So I'm bringing this back from the dead. It's been a rollercoaster of a year! As some of you know I had to dismantle this build last October. Thanks to a variety of things including great friends, I have been able to recover all the gear I sold and build the car virtually exactly how it was, with the exception of some small changes on the amplifiers. I am now running a pair of Gladen XL250c4, which provide 240x6+720x1 at 4 ohms. Headroom is my new best friend.  So not much to see that's new in terms of pics but I built a new amp rack and snapped a few shots of the re-install. Everything is in and tuned- I even had 35-40 screenshot pics of all my P99 settings from last year so tuning took all of 10 minutes. It's up and running just as badass as before and ready for our AZ get together in a few weeks. 







I coated the rack in dark grey Plastidip:











And another shot of the amazing ported 10" doors that Jon built:





Looking forward to seeing some of you in a few weeks!


----------



## damonryoung (Mar 23, 2012)

**** yeah!!


Sent from my iPhone using Tapatalk


----------



## hot9dog (Mar 23, 2013)

Hell yeah! More Arizona mayhem!!


----------



## danno14 (Sep 1, 2009)

Can't tell you how glad I am to hear of/see this!

Right on pal!!!!


----------



## ErinH (Feb 14, 2007)

damonryoung said:


> **** yeah!!



This!


----------



## thehatedguy (May 4, 2007)

How much room is in your kicks?

If you ever want to borrow some AE TD6Ms, let a brother know.


----------



## wheelieking71 (Dec 20, 2006)

Hell yea Mikey!
Having just bought my first horns, I may have to hit you up for some pointers on tuning them.
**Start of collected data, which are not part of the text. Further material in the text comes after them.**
-- ===== src/Messages/Brackets.antt =====
-- Whatever the upstream sends, and wherever a write fails, the events keep to the dialect's order.
use zealish_router.Base.{
  ◌>>=◌, bind_rule, if_either, ℕ, ◌≡◌, refl, Bool, false, Option, none, some, List, [], ◌∷◌,
  if◌then◌else◌, String, str_eq,
}
use zealish_router.Wire.{StreamChunk, ToolCall, Delta, Choice, TokenUsage, to_message_usage}
use zealish_router.Messages.{
  message_delta, message_stop, ping, MessageStream, new_stream, emit, start, close_block,
  text_piece, announce, fragment, tool_piece, tool_deltas, delta, delta_of, note_reason, choices,
  note_usage, chunk, bare_chunk, report, usage_or_none, finish, relay, relay_messages, Signal,
  received, idle, cancelled,
}
use zealish_router.Messages.Grammar.{Phase, before, closing, over, between, inside, read, reads}
use zealish_router.Messages.Legal.{
  Readable, position, Sound, Ensures, new_stream-Sound, emit_rule, Ready, start-Ready, next_index,
  Closed, close_block-Closed, text_piece-Ready, Announced, announce-Announced, fragment-Ready,
}

module _ (writes : ℕ → Bool) where
  tool_deltas-Ready :
      (calls : List ToolCall) (m : MessageStream)
      → Ready m
      → Ensures Ready (tool_deltas writes calls m)
  unfolding tool_deltas tool_piece
  tool_deltas-Ready [] m r = r
  tool_deltas-Ready (call ∷ calls) m r =
      bind_rule Readable Ready Ready (announce writes call m >>= fragment writes call)
        (tool_deltas writes calls)
        (bind_rule Readable (Announced call) Ready (announce writes call m) (fragment writes call)
          (announce-Announced writes call m r) (fragment-Ready writes call))
        (tool_deltas-Ready calls)

  delta_of-Ready :
      (d : Option Delta) (m : MessageStream) → Ready m → Ensures Ready (delta_of writes d m)
  unfolding delta
  delta_of-Ready none m r = r
  delta_of-Ready (some d) m r =
      bind_rule Readable Ready Ready (text_piece writes d.text m) (tool_deltas writes d.tool_calls)
        (text_piece-Ready writes d.text m r) (tool_deltas-Ready d.tool_calls)

  note_reason-Ready :
      (reason : Option String) (m : MessageStream) → Ready m → Ready (note_reason writes reason m)
  note_reason-Ready none m r = r
  note_reason-Ready (some reason) m r = if_either Ready (str_eq reason "") r (
    record {
      at = r.0.at;
      held = r.0.held;
      fresh = r.0.fresh;
      first = r.0.first;
      tools = r.0.tools;
    },
    r.1,
  )

  choices-Ready :
      (cs : List Choice) (m : MessageStream) → Ready m → Ensures Ready (choices writes cs m)
  unfolding choices
  choices-Ready [] m r = r
  choices-Ready (c ∷ cs) m r =
      bind_rule Readable Ready Ready (delta_of writes c.delta m)
        (λ m'. choices writes cs (note_reason writes c.finish_reason m'))
        (delta_of-Ready c.delta m r)
        (λ m' r'.
          choices-Ready cs (note_reason writes c.finish_reason m')
            (note_reason-Ready c.finish_reason m' r'))

  note_usage-Sound :
      (u : Option TokenUsage) (m : MessageStream) → Sound m → Sound (note_usage writes u m)
  note_usage-Sound none m s = s
  note_usage-Sound (some u) m s = record {
    at = s.at;
    held = s.held;
    fresh = s.fresh;
    first = s.first;
    tools = s.tools;
  }

  chunk-Ready : (c : StreamChunk) (m : MessageStream) → Sound m → Ensures Ready (chunk writes c m)
  unfolding chunk
  chunk-Ready c m s =
      bind_rule Readable Ready Ready (start writes c (note_usage writes c.usage m))
        (choices writes c.choices)
        (start-Ready writes c (note_usage writes c.usage m) (note_usage-Sound c.usage m s))
        (choices-Ready c.choices)

  -- The end of the message.
  abbrev Ended : MessageStream → Type 0
  Ended m = reads false m.sent ≡ some over

  abbrev Reported : MessageStream → Type 0
  Reported m = reads false m.sent ≡ some closing

  report-Reported : (m : MessageStream) → Closed m → Ensures Reported (report writes m)
  report-Reported m c =
      emit_rule writes Reported
        (message_delta (if str_eq m.stop "" then "end_turn" else m.stop)
          (usage_or_none writes (to_message_usage m.usage)))
        m (between (next_index m)) closing c.at refl (λ h. h)

  finish-Ended : (m : MessageStream) → Sound m → Ensures Ended (finish writes m)
  unfolding finish
  finish-Ended m s =
      let begun = start writes (bare_chunk writes m.model) m in
      let shut = begun >>= close_block writes in
      bind_rule Readable Reported Ended (shut >>= report writes) (emit writes message_stop)
        (bind_rule Readable Closed Reported shut (report writes)
          (bind_rule Readable Ready Closed begun (close_block writes)
            (start-Ready writes (bare_chunk writes m.model) m s) (close_block-Closed writes))
          report-Reported)
        (λ m' h. emit_rule writes Ended message_stop m' closing over h refl (λ k. k))

  read_ping : (p : Phase) → read false p ping ≡ some p
  read_ping before = refl
  read_ping closing = refl
  read_ping over = refl
  read_ping (between n) = refl
  read_ping (inside n) = refl

  ping-Sound : (m : MessageStream) → Sound m → Ensures Sound (emit writes ping m)
  ping-Sound m s =
      emit_rule writes Sound ping m (position m) (position m) s.at (read_ping (position m))
        (λ k. record { at = k; held = s.held; fresh = s.fresh; tools = s.tools; first = s.first })

  relay-Ended :
      (signals : List Signal) (m : MessageStream) → Sound m → Ensures Ended (relay writes signals m)
  unfolding relay
  relay-Ended [] m s = finish-Ended m s
  relay-Ended (received c ∷ signals) m s =
      bind_rule Readable Ready Ended (chunk writes c m) (relay writes signals) (chunk-Ready c m s)
        (λ m' r. relay-Ended signals m' r.0)
  relay-Ended (idle ∷ signals) m s =
      bind_rule Readable Sound Ended (emit writes ping m) (relay writes signals) (ping-Sound m s)
        (relay-Ended signals)
  relay-Ended (cancelled ∷ signals) m s = rw s.at refl

-- Whatever chunks arrive, and whichever write fails, the events that were written keep to the
-- dialect's order, with blocks numbered from 0 and each delta naming a block already opened; when
-- no error is returned, they are a whole message.
pub relay_messages-reads :
    (writes : ℕ → Bool) (model : String) (signals : List Signal)
    → Ensures (λ m. reads false m.sent ≡ some over) (relay_messages writes model signals)
unfolding relay_messages new_stream
relay_messages-reads writes model signals =
    relay-Ended writes signals (new_stream model) (new_stream-Sound model)
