-- ===== src/Probes.antt =====
-- internal/router/health.go: the map of providers that failed their last probe, and what the health
-- checker does with a result; and `Engine.Health` of internal/router/router.go. CheckAll probes all
-- providers at once: whatever the interleaving, each `check` sets its result in one step under the
-- lock, so a run of the checker is a sequence of checks. An error is its text.
pub mod Results
use zealish_router.Base.{
  ℕ, String, Bool, true, false, not, ◌&&◌, Option, none, some, List, [], ◌∷◌, ◌++◌, is_bound,
  if◌then◌else◌, Dict, lookup, insert, delete,
}
use zealish_router.Breaker.{Breakers, ProviderHealth, open_circuit, snapshot}

-- `down` is the map, `alarms` the providers for which `health_check` was recorded.
pub record Probes : Type 0 where
  pub down : Dict String
  pub alarms : List String

-- `set`: whether the provider's health changed, and the map after it.
unfoldable pub set_probe : String → Option String → Dict String → Bool × Dict String
set_probe name none down = (is_bound (lookup name down), delete name down)
set_probe name (some error) down = (not (is_bound (lookup name down)), insert name error down)

-- One result: of whom, and the error of the ping; `stopped` if the context ended meanwhile.
pub record Check : Type 0 where
  pub name : String
  pub error : Option String
  pub stopped : Bool

unfoldable pub check : Check → Probes → Probes
check c p =
    if c.stopped
    then p
    else let (changed, down) = set_probe c.name c.error p.down in
      record {
        down = down;
        alarms = if changed && is_bound c.error then p.alarms ++ c.name ∷ [] else p.alarms;
      }

-- What a probe adds to the health of a provider that the breakers may not know.
abbrev pub health_or_zero : String → Option ProviderHealth → ProviderHealth
health_or_zero name (some h) = h
health_or_zero name none = record {
  provider = name;
  state = open_circuit;
  failures = 0;
  opened_at = none;
  retry_at = none;
  last_probe_error = "";
}

abbrev pub probed : String → String → ProviderHealth → ProviderHealth
probed name error h = record h { provider = name; state = open_circuit; last_probe_error = error }

unfoldable pub merge_probes : Dict String → Dict ProviderHealth → Dict ProviderHealth
merge_probes [] out = out
merge_probes ((name, error) ∷ rest) out =
    let out' = merge_probes rest out in
    insert name (probed name error (health_or_zero name (lookup name out'))) out'

unfoldable pub health : Breakers → Probes → Dict ProviderHealth
health b p = merge_probes p.down (snapshot b)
I just got my shipping notification from Eric yesterday. I should try and make it out to hear that beast!


----------



## TOOSTUBBORN2FAIL (Jan 31, 2011)

damonryoung said:


> **** yeah!!
> 
> 
> Sent from my iPhone using Tapatalk


X3!!


----------



## nadams5755 (Jun 8, 2012)

Awesome.


----------



## strong*I*bumpin (Oct 3, 2005)

nadams5755 said:


> Awesome.


DITTO!


----------



## cobb2819 (Jan 13, 2011)




----------



## brett (Apr 27, 2005)

dude, right on! glad to hear you were able to recover most everything and make use of the fabrication. hopefully i'll be able to hear it someday


----------



## mikey7182 (Jan 16, 2008)

Thanks guys! It's great to have it back up and running. It's a bit symbolic of the past year of my life in a lot of ways, so it's nice to have overcome some adversity.



thehatedguy said:


> How much room is in your kicks?
> 
> If you ever want to borrow some AE TD6Ms, let a brother know.


It's hard to say, but there's not a lot of extra room around the PHLs. You're familiar with their size... the motor is pretty big on them so I'm not sure what the AES look like but as long as the OD isn't bigger, I might be able to squeeze them down in there for a listen! Thanks man.

Bill- I'm definitely down to help with your horns! You should make it out to the meet for sure! This is quite a different animal from the S-10 when you heard it.


----------



## BMWTUBED (Aug 25, 2007)

Congrats Man! I know I'm going to miss the S10 once it's gone.


----------



## rton20s (Feb 14, 2011)

This build alone has me seriously considering a trip out to the GTG in AZ. A little prodding by our local ginger mod at CA State Finals didn't help the matter. Convincing the wife to let me go is going to be the hard part.


----------



## TOOSTUBBORN2FAIL (Jan 31, 2011)

Dustin let me know if you (your wife) decide to go. I won't be able to make it, but I have some cds Mike might want.


----------



## cobb2819 (Jan 13, 2011)

rton20s said:


> This build alone has me seriously considering a trip out to the GTG in AZ. A little prodding by our local ginger mod at CA State Finals didn't help the matter. Convincing the wife to let me go is going to be the hard part.


If you go, your wife is going to kill me because I suggested you go. I don't wanna get killed.

However, I will be sitting in the Passat sending you pictures, hahahahahaha.


----------



## mikey7182 (Jan 16, 2008)

It would be awesome if you could make it down Dustin!!



TOOSTUBBORN2FAIL said:


> Dustin let me know if you (your wife) decide to go. I won't be able to make it, but I have some cds Mike might want.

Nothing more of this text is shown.